1. Every time I see a recipe with a title that starts with “Healthy”, I roll my eyes to the ceiling. Every. Single. Time.

2. I pay as much attention to movie reviews as I do to wine ratings: none. 

3. I went through a phase of intense fear of flying that lasted for a couple of years.  I managed to get over it, but a little turbulence still sends me into panic mode. Interestingly enough, I would love to learn to fly a plane. It’s all about control, I suppose…   (sigh)

4. If I had to choose between having a root canal or going to a live performance by Celine Dion I would set the dentist appointment right away.

5. I don’t like to be away from Phil, a trip without him has no appeal for me whatsoever. Even if it involved Paris.

6. We started watching Breaking Bad (disclosure: 90% of the time I say Baking Bread) a couple of weeks ago and we are hooked!  For other fans of this amazing series, take a look at this letter from Anthony Hopkins to Bryan Cranston.

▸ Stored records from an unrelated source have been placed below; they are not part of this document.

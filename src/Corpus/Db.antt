-- ===== src/Corpus/Db.antt =====
-- The tables of internal/corpus/migrations. Each is the list of its rows in insertion order, which is
-- the order in which SQLite leaves rows that ORDER BY ties or does not order. A statement fails by a
-- constraint only: a driver that fails for other reasons is left out, and so is a database that
-- cannot be opened or migrated. The one connection makes every method run alone.
use flying_shuttle.Prelude.{
  ℕ, String, Bool, true, false, Option, none, some, List, [], any, take, drop, ◌==◌, if◌then◌else◌,
}
use flying_shuttle.Prelude.Int.{ℤ, pos, ltb_ℤ, pos_part}
use flying_shuttle.Prelude.Result.{Result, ok, err, constraint, ◌>>=◌}
use flying_shuttle.Model.{Chunk, Upload, TranscriptSegment}
use flying_shuttle.Doc.Db.{insert_row}

pub record ChunkRow : Type 0 where
  pub chunk : Chunk
  pub deleted_at : Option ℕ

pub record CorpusDb : Type 0 where
  pub chunks : List ChunkRow
  pub uploads : List Upload
  pub segments : List TranscriptSegment
  pub meta : List (String × String)

abbrev pub empty_corpus : CorpusDb
empty_corpus = record { chunks = []; uploads = []; segments = []; meta = [] }

-- A method: its result, and the database after it.
abbrev pub Method : Type 0 → Type 0
Method A = CorpusDb → Result A × CorpusDb

-- A statement, or a transaction with its deferred rollback: refused, it leaves all as it was.
abbrev pub committed : Result CorpusDb → Method (Unit {0})
committed (ok db') db = (ok tt, db')
committed (err e) db = (err e, db)

-- deleted_at IS NULL
abbrev pub is_live : ChunkRow → Bool
is_live r = elim r.deleted_at [ none ↦ true | some t ↦ false ]

abbrev pub has_id : String → ChunkRow → Bool
has_id id r = r.chunk.id == id

abbrev pub chunk_clash : ChunkRow → ChunkRow → Bool
chunk_clash a b = b.chunk.id == a.chunk.id

abbrev pub upload_clash : Upload → Upload → Bool
upload_clash a b = b.id == a.id

abbrev pub segment_clash : TranscriptSegment → TranscriptSegment → Bool
segment_clash a b = b.id == a.id

abbrev pub meta_clash : String × String → String × String → Bool
meta_clash a b = b.0 == a.0

abbrev pub has_upload : List Upload → String → Bool
has_upload uploads id = any (λ u. u.id == id) uploads

unfoldable pub insert_chunk : ChunkRow → CorpusDb → Result CorpusDb
insert_chunk r db = insert_row chunk_clash r db.chunks >>= λ rows. ok (record db { chunks = rows })

unfoldable pub insert_upload : Upload → CorpusDb → Result CorpusDb
insert_upload u db =
    insert_row upload_clash u db.uploads >>= λ rows. ok (record db { uploads = rows })

unfoldable pub insert_segment : TranscriptSegment → CorpusDb → Result CorpusDb
insert_segment s db =
    if has_upload db.uploads s.upload_id
    then insert_row segment_clash s db.segments >>= (λ rows. ok (record db { segments = rows }))
    else err constraint

-- LIMIT ? OFFSET ?, after the guards of the paged methods: a limit that is not positive is none, and
-- a negative offset is zero.
unfoldable pub page {ℓ} : {A : Type ℓ} → ℤ → ℤ → List A → List A
page limit offset rows =
    let rest = drop (if ltb_ℤ offset (pos 0) then 0 else pos_part offset) rows in
    if ltb_ℤ (pos 0) limit then take (pos_part limit) rest else rest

Awesome!

7. I am terrified of heights, but this video mesmerized me!  Phil and I watch it over and over. The song is great, the people super cool… It’s decided: on my next life I won’t be a wimp! 😉

 Again, thank you for the Dragon’s Loyalty Award, I do realize that I should pass the award for other 15 bloggers, but as I explained in the past, I do not forward awards, I hope it’s not a serious drawback.   One of the ways I like to show my appreciation for bloggers is doing what I just did in this post: cooking a recipe from their site.

 Celia, thank you for the constant inspiration not only in cooking, but through your approach of “Living well in the urban village”. You do that like a pro!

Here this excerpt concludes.